# New Aluminum Floor in 1648



## tdub (Jul 20, 2010)

Here are the pics of the aluminum floor in my 1648 Alumacraft.


----------



## tdub (Jul 20, 2010)

Here are the rest of the pictures.


----------



## sweettfisher (Jul 20, 2010)

looks awesome!! i gotta get rid of that dang wood floor in my beast!


----------



## basshunter25 (Jul 20, 2010)

Great job! Welcome to the site.


----------



## Howard (Jul 21, 2010)

Nice rig, I have the same boat but its much older and it was rode hard. Curious why you did not just go straight to the ribs with the sheet of aluminum?


----------



## sum-kina (Jul 21, 2010)

AWSOME JOB ON THE FLOOR!! =D> 

whats your plans for the rest of the boat?


----------



## tdub (Jul 21, 2010)

Hi Howard

I will try this again, my last posts didn't come up
The reason I did not attach the floor to ribs is because I wanted it as flat as possible.


----------



## tdub (Jul 21, 2010)

Sum-kina I am thinking about adding a 12" extension to the front deck with a flip top lid for more storage, for now I'm going to take a break because I'm sick off working on it and just want to burn some fuel and catch some fish.


----------



## sum-kina (Jul 21, 2010)

tdub said:


> Sum-kina I am thinking about adding a 12" extension to the front deck with a flip top lid for more storage, for now I'm going to take a break because I'm sick off working on it and just want to burn some fuel and catch some fish.




TDUB
I AGREE WITH THAT....NOTHIN BETTER THAN WETTIN A LINE AND ENJOYIN YOUR BOAT!!!
MY 1436 (PICS SOON) IS STILL IN THE PROCESS OF BEIN DECKED...FRONTS DONE, FLOORS IN AND COURRENTLY WORKIN ON THE BACK DECK, BUT WEVE HAD RAIN EVERY NIGHT THIS WEEK SO I HAVENT HAD A CHANCE TO WORK ON IT. BUT I ALSO WANNA REPAINT MY TIN BEFORE THE FLOOR AND DECKS ARE FASTENED DOWN!!!


----------



## tdub (Jul 21, 2010)

I put in some stuff called tex tread mixed in with the paint for the first coat for some traction, then painted over that after it dried with only paint for the second coat.


----------



## sum-kina (Jul 21, 2010)

tdub said:


> I put in some stuff called tex tread mixed in with the paint for the first coat for some traction, then painted over that after it dried with only paint for the second coat.

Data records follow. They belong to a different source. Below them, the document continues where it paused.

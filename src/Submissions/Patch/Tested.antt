-- ===== src/Submissions/Patch/Tested.antt =====
-- Which POVs of an entry are run against a patch, and what the answers say, described apart from
-- `_pov_reproduce_patch_status` and `_check_all_povs_are_mitigated` of
-- orchestrator/src/buttercup/orchestrator/scheduler/submissions.py.
use buttercup.Prelude.{
  ◌≡◌, refl, ap, Bool, true, false, String, Option, ◌⊎◌, not, none, some, List, [], ◌∷◌, filter,
  Bool-cases, Option-cases, inl, inr, arith, ◌<◌, length, find?,
}
use buttercup.Message.{
  SubmissionResult, accepted, passed, failed, deadline_exceeded, errored, inconclusive, CrashWithId,
  SubmissionEntryPatch, SubmissionEntry, result_eq, PovReproduceResponse,
}
use buttercup.Submissions.Env.{Env}
use buttercup.Submissions.Entry.{
  pov_is_successful, get_first_successful_pov, get_first_successful_pov_id,
}
use buttercup.Submissions.Pov.{has_text}
use buttercup.Submissions.Patch.{is_excluded, pov_reproduce_request, pov_reproduce_patch_status}

-- A POV that the competition found failed, too late or inconclusive is not run.
abbrev pub is_run : SubmissionResult → Bool
is_run failed = false
is_run deadline_exceeded = false
is_run inconclusive = false
is_run _ = true

abbrev pub povs_to_run : List CrashWithId → List CrashWithId
povs_to_run povs = filter (λ c. is_run c.result) povs

-- The answer that a POV no longer crashes, and that it still does.
abbrev pub Mitigates : Option PovReproduceResponse → Type 0
Mitigates none = ⊥
Mitigates (some r) = r.did_crash ≡ false

abbrev pub Crashes : Option PovReproduceResponse → Type 0
Crashes none = ⊥
Crashes (some r) = r.did_crash ≡ true

is_run-excluded : (r : SubmissionResult) → is_run r ≡ not (is_excluded r)
is_run-excluded SubmissionResult.none = refl
is_run-excluded accepted = refl
is_run-excluded passed = refl
is_run-excluded failed = refl
is_run-excluded deadline_exceeded = refl
is_run-excluded errored = refl
is_run-excluded inconclusive = refl

-- The answer of a test that is pending.
abbrev pub IsOpen : Option PovReproduceResponse → Type 0
IsOpen none = Unit
IsOpen (some r) = ⊥

-- One of the answers is so.
abbrev pub Any :
    (Option PovReproduceResponse → Type 0) → List (Option PovReproduceResponse) → Type 0
Any P [] = ⊥
Any P (a ∷ ss) = P a ⊎ Any P ss

is_run-passed : (r : SubmissionResult) → result_eq r passed ≡ true → is_run r ≡ true
is_run-passed SubmissionResult.none h = refl
is_run-passed accepted h = refl
is_run-passed passed h = refl
is_run-passed failed h = cc
is_run-passed deadline_exceeded h = cc
is_run-passed errored h = refl
is_run-passed inconclusive h = cc

found_run :
    (cs : List CrashWithId) {c : CrashWithId}
    → find? pov_is_successful cs ≡ some c
    → 0 < length (povs_to_run cs)
found_run [] h = cc
found_run (c ∷ cs) h = elim (Bool-cases (is_run c.result)) [
  | inl e ↦ rw e (omega arith)
  | inr e ↦ elim (Bool-cases (pov_is_successful c)) [
    | inl ok ↦ ground (arith, is_run-passed c.result)
    | inr fails ↦ rw e (found_run cs (rw fails at h))
  ]
]

-- An entry with a successful POV has one to run.
pub povs_to_run-successful :
    (e : SubmissionEntry)
    → has_text (get_first_successful_pov_id e) ≡ true
    → 0 < length (povs_to_run e.crashes)
unfolding get_first_successful_pov_id get_first_successful_pov
povs_to_run-successful e h = elim (Option-cases (find? pov_is_successful e.crashes)) [
  | inl n ↦ absurd (ground (arith, n))
  | inr (c, f) ↦ found_run e.crashes f
]

module _ (env : Env) where
  open env use {Local, request_status}

  -- The answers to one request for each POV, in order; none is a test that is pending.
  abbrev pub answers :
      String → SubmissionEntryPatch → List CrashWithId → Local → List (Option PovReproduceResponse)
  answers task patch [] l = []
  answers task patch (c ∷ cs) l =
      let (answer, l') =
        request_status
          (record {
            task_id = task;
            internal_patch_id = patch.internal_patch_id;
            harness_name = c.crash.crash.harness_name;
            sanitizer = c.crash.crash.target.sanitizer;
            pov_path = c.crash.crash.crash_input_path;
          })
          l in
      answer ∷ answers task patch cs l'

  pub pov_reproduce_patch_status-answers :
      (patch : SubmissionEntryPatch) (cs : List CrashWithId) (task : String) (l : Local)
      → (pov_reproduce_patch_status env patch cs task l).0 ≡ answers task patch (povs_to_run cs) l
  unfolding pov_reproduce_patch_status
  pov_reproduce_patch_status-answers patch [] task l = refl
  pov_reproduce_patch_status-answers patch (c ∷ cs) task l =
      elim (Bool-cases (is_excluded c.result)) [
        | inl e ↦
            rw (is_run-excluded c.result, e, pov_reproduce_patch_status)
              (pov_reproduce_patch_status-answers patch cs task l)
        | inr e ↦
            rw (is_run-excluded c.result, e, pov_reproduce_patch_status)
              (ap (λ ss. (request_status (pov_reproduce_request task patch c) l).0 ∷ ss)
                (pov_reproduce_patch_status-answers patch cs task
                  (request_status (pov_reproduce_request task patch c) l).1))
      ]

my decks and floor are carpet but i was thinkin bout re doin the floor with aluminum at a later date when money wasnt so tight!


----------



## Howard (Jul 21, 2010)

About how much for the aluminum floor?


----------



## sum-kina (Jul 21, 2010)

Howard said:


> About how much for the aluminum floor?




depends on the thickness... but i looked into from a company my welding shop orders from (alum and stainless) and for a 4x10 sheet of 16 gauge to build my livewell was $95


----------



## cavman138 (Jul 21, 2010)

That floor looks sweet man. Great work.


----------



## tdub (Jul 21, 2010)

Hey guys
I paid $120 for a 4x8x1/8 sheet of aluminum and $42 for the 2x1x1/8 aluminum "C" channel(16'). This was alot cheaper than I thought it would be.


----------



## bassboy1 (Jul 21, 2010)

tdub said:


> Hey guys
> I paid $120 for a 4x8x1/8 sheet of aluminum and $42 for the 2x1x1/8 aluminum "C" channel(16'). This was alot cheaper than I thought it would be.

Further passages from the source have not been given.